Siamo ancora qui, siamo ancora noi. Ogni tanto mi torna in mente la frase che, nel darmi il benvenuto, mi ha detto Paolo Carnemolla ad una festa del bio, lo scorso anno, a Bologna. Mi torna alla mente insieme alla medesima riflessione, rispetto alla quale, con tutta la più buona volontà, non riesco ad elaborare alternative: purtroppo Paolo, siamo ancora qui, siamo ancora noi, perché vuol dire che per la rappresentanza del biologico e dunque anche per le istanze di politica generale del settore che esprime non ci sono state evoluzioni di sostanza pur essendo noi, tutti noi, i consumatori ancora prima di noi, in una fase di accelerato e quasi spaventoso (pensate all’intelligenza artificiale, alla robotica, alla nuova genetica, semplicemente – si fa per dire – all’inflazione) cambiamento. Se tutto cambia, come già avevano capito i predecessori di Socrate qualche millennio fa, non è che il biologico possa rimanere lo stesso e tantomeno la sua rappresentanza, così legata alle origini e ai primi sviluppi, certamente alle prime conquiste, del movimento.

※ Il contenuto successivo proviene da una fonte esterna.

-- ===== src/File/Laws.antt =====
-- Which uses of `file::open` compile, what opening returns, and what closing leaves behind.
use Prim.Native.String.{String}
use pposix.Base.{
  ℕ, ℤ, minus_one, ◌==ℤ◌, ◌^◌, ◌≡◌, refl, sym, ◌∙◌, ap, Bool, true, false, not, ◌&&◌, ◌||◌, List,
  ◌==◌, any, arith, if◌then◌else◌, Bool-cases, inl, inr, bit_or,
}
use pposix.Errno.{World, Sys, make_errno_code}
use pposix.Call.{common_call, common_call_world, common_result_map, common_result_map_lem}
use pposix.Descriptor.{into_result}
use pposix.EnumFlag.{EnumFlag, Checked, refused, compiled, has_flag, underlying_v}
use pposix.EnumFlag.Laws.{join, has_flag-join}
use pposix.Fcntl.{
  FcntlApi, OpenMacro, o_creat, o_excl, OpenFlag, open_flag_enum, AccessMode, open_flag_constant,
  creat, excl, open_path, open_path_mode, access_mode_enum,
}
use pposix.FileDescriptor.{Unistd, raw_fd, file_descriptor, close_fd, into_result-file_descriptor}
use pposix.Result.{Result, ok, err, result_map, assert_noexcept}
use pposix.Stat.{Permission, permission_enum}
use pposix.File.{File, file, exclusive_creates, open_file, open_file_mode, close, destroy}

abbrev pub is_compiled {ℓ} : {A : Type ℓ} → Checked A → Bool
is_compiled (refused _) = false
is_compiled (compiled _) = true

compiled-injective {ℓ} : {A : Type ℓ} {a b : A} → compiled a ≡ compiled b → a ≡ b
compiled-injective {a} e = ap (λ c. elim c [ refused _ ↦ a | compiled x ↦ x ]) e

refused-ne-compiled {ℓ} : {A : Type ℓ} {t : String} {a : A} → refused t ≡ compiled a → ⊥
refused-ne-compiled e = cc

-- What the assertion of `result_map` lets through is what it was given.
asserted-eq-compiled {ℓ} :
    {A : Type ℓ} (is_noexcept : Bool) {a b : A} → assert_noexcept is_noexcept a ≡ compiled b → a ≡ b
unfolding assert_noexcept
asserted-eq-compiled is_noexcept e = elim (Bool-cases is_noexcept) [
  | inl fine ↦ compiled-injective (rw fine at e)
  | inr throws ↦ absurd (refused-ne-compiled (rw throws at e))
]

module _ {K : Type 0} (m : OpenMacro → ℕ) (os : FcntlApi K) (files : Unistd K)
    (is_noexcept : Bool) where
  module _ (c e : ℕ) (creat_bit : m o_creat ≡ 2 ^ c) (excl_bit : m o_excl ≡ 2 ^ e) where
    has-creat :
        (ps : List ℕ)
        → has_flag (join OpenFlag ps) (open_flag_constant m creat) ≡ any (λ p. p == c) ps
    unfolding open_flag_constant underlying_v
    has-creat ps = has_flag-join OpenFlag (open_flag_constant m creat) c creat_bit ps

    has-excl :
        (ps : List ℕ)
        → has_flag (join OpenFlag ps) (open_flag_constant m excl) ≡ any (λ p. p == e) ps
    unfolding open_flag_constant underlying_v
    has-excl ps = has_flag-join OpenFlag (open_flag_constant m excl) e excl_bit ps

    -- When O_CREAT and O_EXCL are single bits, a call of `open` whose flags are joined from single
    -- bits compiles without a permission exactly when neither bit is among them, and with a
    -- permission exactly when O_EXCL is not among them or O_CREAT is, in both cases only if the
    -- function that it hands to `result_map` is `noexcept`.
    pub open_file_compiles :
        (path : ℕ) (access : EnumFlag AccessMode) (perm : EnumFlag Permission) (ps : List ℕ)
        → (is_compiled (open_file m os files is_noexcept path access (join OpenFlag ps))
            ≡ (is_noexcept && not (any (λ p. p == c) ps) && not (any (λ p. p == e) ps)))
          × (is_compiled (open_file_mode m os files is_noexcept path access (join OpenFlag ps) perm)
              ≡ (is_noexcept && (not (any (λ p. p == e) ps) || any (λ p. p == c) ps)))
    unfolding open_file open_file_mode assert_noexcept
    open_file_compiles path access perm ps = rw (has-creat ps, has-excl ps) (ground arith)

  -- The system call and what its outcome becomes. The file that goes into the result leaves a null
  -- descriptor behind, which is closed.
  abbrev pub opened : Sys K ℤ → Sys K (Result File)
  opened call w =
      if (call w).0 ==ℤ minus_one
      then (err (make_errno_code (call w).1.errno), (call w).1)
      else (ok (file (raw_fd (call w).0)), (files.close minus_one (call w).1).1)

  mapped :
      (call : Sys K ℤ) (w : World K)
      → (let got = common_result_map raw_fd call w in
          into_result (file_descriptor files) (result_map got.0 file) got.1)
        ≡ opened call w
  unfolding result_map into_result
  mapped call w = elim (Bool-cases ((call w).0 ==ℤ minus_one)) [
    | inl failed ↦ rw (common_result_map_lem raw_fd call w, failed) refl
    | inr fine ↦
        rw (common_result_map_lem raw_fd call w, fine)
          (into_result-file_descriptor files (file (raw_fd (call w).0)) (call w).1)
  ]

  -- A call of `open` without a permission that compiles makes one system call, with the bits of the
  -- mode and the flags together. If that returns -1 the result is the error in `errno`; otherwise
  -- it is a file that holds the returned number, and `::close` has been called on -1.
  pub open_file_lem :
      (path : ℕ) (access : EnumFlag AccessMode) (flags : EnumFlag OpenFlag)
      (act : Sys K (Result File))
      → open_file m os files is_noexcept path access flags ≡ compiled act
      → (w : World K)
      → act w ≡ opened (os.open_path path (bit_or access.flags.bits flags.flags.bits)) w
  unfolding open_file open_path
  open_file_lem path access flags act h w =
      elim (Bool-cases (exclusive_creates m os files is_noexcept flags)) [
        | inl e ↦ elim (Bool-cases (has_flag flags (open_flag_constant m creat))) [
          | inl c ↦ absurd (refused-ne-compiled (rw (e, c) at h))
          | inr c ↦
              ap (λ (f : Sys K (Result File)). f w)
                (sym (asserted-eq-compiled is_noexcept (rw (e, c) at h)))
              ∙ mapped (os.open_path path (bit_or access.flags.bits flags.flags.bits)) w
        ]
        | inr e ↦ absurd (refused-ne-compiled (rw e at h))
      ]

  -- A call of `open` with a permission that compiles makes one system call, with the bits of the
  -- mode and the flags together and the bits of the permission. If that returns -1 the result is the
  -- error in `errno`; otherwise it is a file that holds the returned number, and `::close` has been
  -- called on -1.
  pub open_file_mode_lem :
      (path : ℕ) (access : EnumFlag AccessMode) (flags : EnumFlag OpenFlag)
      (perm : EnumFlag Permission) (act : Sys K (Result File))
      → open_file_mode m os files is_noexcept path access flags perm ≡ compiled act
      → (w : World K)
      → act w
        ≡ opened
            (os.open_path_mode path (bit_or access.flags.bits flags.flags.bits) perm.flags.bits)
            w
  unfolding open_file_mode open_path_mode
  open_file_mode_lem path access flags perm act h w =
      elim (Bool-cases (exclusive_creates m os files is_noexcept flags)) [
        | inl e ↦
            ap (λ (f : Sys K (Result File)). f w)
              (sym (asserted-eq-compiled is_noexcept (rw e at h)))
            ∙ mapped
                (os.open_path_mode path (bit_or access.flags.bits flags.flags.bits) perm.flags.bits)
                w
        | inr e ↦ absurd (refused-ne-compiled (rw e at h))
      ]

module _ {K : Type 0} (os : Unistd K) where
  -- `file::close` leaves the number in the file, so the destructor closes the same number again:
  -- whatever the first close returned, and whoever may have been given the number since.
  pub close-destroy :
      (fd : ℤ) (w : World K)
      → let f = file (raw_fd fd) in
        (destroy os f (close os f w).1).1 ≡ (os.close fd (os.close fd w).1).1
  unfolding destroy close file file_descriptor close_fd
  close-destroy fd w =
      common_call_world (os.close fd) (common_call (os.close fd) w).1
      ∙ ap (λ v. (os.close fd v).1) (common_call_world (os.close fd) w)
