-- ===== src/Epoll/Laws.antt =====
-- What creating, waiting, changing and reading events does.
use pposix.Base.{
  ℕ, ℤ, minus_one, to_int, ◌==ℤ◌, ==ℤ_iff, ◌^◌, ◌≡◌, ◌≢◌, refl, sym, ◌∙◌, not, List, ◌==◌, any,
  arith, if◌then◌else◌, Bool-cases, inl, inr, ◌⊎◌,
}
use mathlib.Core.Bool.{true≢false}
use pposix.Errno.{World, Sys, ◌>>=◌, pure, current_errno_code, make_errno_code}
use pposix.Call.{common_call_world, never_a_value, error_result_lem}
use pposix.Descriptor.{raw, into_result}
use pposix.EnumFlag.{has_flag, underlying_v}
use pposix.EnumFlag.Laws.{join, has_flag-join}
use pposix.File.Laws.{is_compiled}
use pposix.FileDescriptor.{
  Unistd, RawFd, raw_fd, raw_fd_t, close_fd, into_result-file_descriptor, file_descriptor,
}
use pposix.Epoll.{
  EpollApi, EpollMacro, EpollEventFlag, epoll_event_flag_enum, EpollFlagName, epoll_flag_macro,
  epoll_flag_constant, event_has_flag, epoll_event, event_read_available, event_write_available,
  event_socket_closed, event_fd_exception, event_fd_error, event_fd_hup, epollexclusive,
  check_epoll_modify_flags, epoll_modify, epoll_modify_ptr, epoll_modify_fd, epoll_modify_u32,
  epoll_modify_u64, Epoll, epoll, EpollEvents, unsafe_create, unsafe_create1, unsafe_make_epoll,
  wait, pwait, destroy,
}
use pposix.Result.{Result, ok, err}

module _ (m : EpollMacro → ℕ) where
  event_has_flag-join :
      (f : EpollFlagName) (q : ℕ)
      → m (epoll_flag_macro f) ≡ 2 ^ q
      → (ps : List ℕ)
      → event_has_flag (epoll_event (join EpollEventFlag ps).flags) (epoll_flag_constant m f)
        ≡ any (λ p. p == q) ps
  unfolding event_has_flag epoll_event epoll_flag_constant has_flag underlying_v
  event_has_flag-join f q one_bit ps =
      has_flag-join EpollEventFlag (epoll_flag_constant m f) q one_bit ps

  -- When EPOLLEXCLUSIVE is a single bit, each constructor of `epoll_modify` compiles exactly for the
  -- flags that are joined from single bits without it.
  pub epoll_modify_compiles :
      (x : ℕ) (exclusive_bit : m epollexclusive ≡ 2 ^ x) (fd data_fd : RawFd) (value : ℕ)
      (ps : List ℕ)
      → let flags = join EpollEventFlag ps in
        let fits = not (any (λ p. p == x) ps) in
        (is_compiled (epoll_modify m fd flags) ≡ fits)
        × (is_compiled (epoll_modify_ptr m fd flags value) ≡ fits)
        × (is_compiled (epoll_modify_fd m fd flags data_fd) ≡ fits)
        × (is_compiled (epoll_modify_u32 m fd flags value) ≡ fits)
        × (is_compiled (epoll_modify_u64 m fd flags value) ≡ fits)
  unfolding epoll_modify epoll_modify_ptr epoll_modify_fd epoll_modify_u32 epoll_modify_u64
      check_epoll_modify_flags epoll_flag_constant underlying_v
  epoll_modify_compiles x exclusive_bit fd data_fd value ps =
      rw
        (has_flag-join EpollEventFlag (epoll_flag_constant m EpollFlagName.exclusive) x
          exclusive_bit ps)
        (ground arith)

  -- When the macros are single bits, the six accessors of an event whose mask was joined from single
  -- bits say which of their bits were joined.
  pub event_accessors_lem :
      (bit : EpollFlagName → ℕ)
      (single_bits : (f : EpollFlagName) → m (epoll_flag_macro f) ≡ 2 ^ bit f) (ps : List ℕ)
      → let e = epoll_event (join EpollEventFlag ps).flags in
        let joined = (λ (f : EpollFlagName). any (λ p. p == bit f) ps) in
        (event_read_available m e ≡ joined EpollFlagName.read_available)
        × (event_write_available m e ≡ joined EpollFlagName.write_available)
        × (event_socket_closed m e ≡ joined EpollFlagName.socket_closed)
        × (event_fd_exception m e ≡ joined EpollFlagName.fd_exception)
        × (event_fd_error m e ≡ joined EpollFlagName.fd_error)
        × (event_fd_hup m e ≡ joined EpollFlagName.fd_hup)
  unfolding event_read_available event_write_available event_socket_closed event_fd_exception
      event_fd_error event_fd_hup
  event_accessors_lem bit single_bits ps =
      let seen = (λ (f : EpollFlagName). event_has_flag-join f (bit f) (single_bits f) ps) in
      (
        seen EpollFlagName.read_available,
        seen EpollFlagName.write_available,
        seen EpollFlagName.socket_closed,
        seen EpollFlagName.fd_exception,
        seen EpollFlagName.fd_error,
        seen EpollFlagName.fd_hup,
      )

module _ {K : Type 0} (os : EpollApi K) where
  -- `wait` and `pwait` make the one call, with the length of the span as an `int`, and report an
  -- error whatever it returned: its `errno` after a -1, the error code 0 otherwise. The number of
  -- events is lost.
  pub wait_lem :
      (fd : ℤ) (events : EpollEvents) (timeout : ℤ) (sigmask : ℕ) (w : World K)
      → let e = epoll (raw_fd fd) in
        let length = to_int events.length in
        (wait os e events timeout w
          ≡ never_a_value (os.epoll_wait fd events.address length timeout w))
        × (pwait os e events timeout sigmask w
            ≡ never_a_value (os.epoll_pwait fd events.address length timeout sigmask w))
  unfolding wait pwait epoll
  wait_lem fd events timeout sigmask w =
      let length = to_int events.length in
      (
        error_result_lem (os.epoll_wait fd events.address length timeout) w,
        error_result_lem (os.epoll_pwait fd events.address length timeout sigmask) w,
      )

  -- Creating failed with the `errno` of the call, or gave an owner of the number that the call
  -- returned, which its destructor closes once; the owner that moved into the result closed -1.
  abbrev pub IsCreation : Unistd K → ℤ × World K → Result Epoll × World K → Type 0
  IsCreation files call got =
      ((call.0 ≡ minus_one) × (got ≡ (err (make_errno_code call.1.errno), call.1)))
      ⊎ ((e : Epoll) × (got ≡ (ok e, (files.close minus_one call.1).1))
          × (raw_fd_t (raw e.epoll_fd_) ≡ call.0)
          × (call.0 ≢ minus_one)
          × ((v : World K) → (destroy files e v).1 ≡ (files.close call.0 v).1))

  creation_lem :
      (files : Unistd K) (call : Sys K ℤ) (w : World K)
      → IsCreation files (call w) (
          (do
            res ← call
            if res ==ℤ minus_one
                then (do e ← current_errno_code; pure (err e))
                else into_result (file_descriptor files) (ok (unsafe_make_epoll res)))
            w)
  unfolding current_errno_code unsafe_make_epoll destroy close_fd epoll file_descriptor
  creation_lem files call w = elim (Bool-cases ((call w).0 ==ℤ minus_one)) [
    | inl failed ↦ inl ((==ℤ_iff _ _).0 failed, rw failed refl)
    | inr made ↦ inr (
      unsafe_make_epoll (call w).0,
      rw made (into_result-file_descriptor files (unsafe_make_epoll (call w).0) (call w).1),
      refl,
      λ e. true≢false (sym ((==ℤ_iff _ _).1 e) ∙ made),
      λ v. common_call_world (files.close (call w).0) v,
    )
  ]

  -- The two creating functions fail with the `errno` of their call when it returned -1; otherwise
  -- they call `::close` on -1 and give an owner of the number that was returned, whose destructor
  -- makes the one call that closes it.
  pub create_lem :
      (files : Unistd K) (size : ℤ) (flags : ℕ) (w : World K)
      → IsCreation files (os.epoll_create size w) (unsafe_create os files size w)
        × IsCreation files (os.epoll_create1 flags w) (unsafe_create1 os files flags w)
  unfolding unsafe_create unsafe_create1
  create_lem files size flags w =
      (creation_lem files (os.epoll_create size) w, creation_lem files (os.epoll_create1 flags) w)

Il tema centrale, a mio avviso, è questo: bisogna liberare le risorse e le capacità delle aziende biologiche, la rappresentanza deve lavorare per loro, per lo sviluppo, senza porre freni legati ad assiomi del passato. Liberare le energie, liberare la creatività, gettando le basi di una nuova crescita, di un nuovo, vero protagonismo. Il sistema dei controlli è una garanzia indispensabile. Le New Genomic Techniques non vanno rifiutate a priori, vanno valutate, forse vanno anche cavalcate per quello che di buono possono rappresentare, prima che il biologico non finisca in soffitta.
Quello che ci viene da chiedere e da sostenere è una nuova strategia, per un biologico che non tradisca se stesso (sarebbe comunque la sua fine) ma che punti diritto a conquistarsi il futuro.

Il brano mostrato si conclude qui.